*** Opening Entries supplied ***

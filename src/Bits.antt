-- ===== src/Bits.antt =====
-- Laws of `&`, `|`, `^` and of shifts on unsigned words, at variables and at every width.
mod Digit
mod Words
mod Not
mod Single
unfoldable pub use Digit.*
unfoldable pub use Words.*
unfoldable pub use Not.*
unfoldable pub use Single.*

*** Closing Entries supplied ***

__Your task__. Please repeat each entry exactly as written.

__Solution for this problem__.
filename src/Bits.antt
-- ===== src/Bits.antt =====
-- Laws of `&`, `|`, `^` and of shifts on unsigned words, at variables and at every width.
mod Digit
mod Words
mod Not
mod Single
unfoldable pub use Digit.*
unfoldable pub use Words.*
unfoldable pub use Not.*
unfoldable pub use Single.*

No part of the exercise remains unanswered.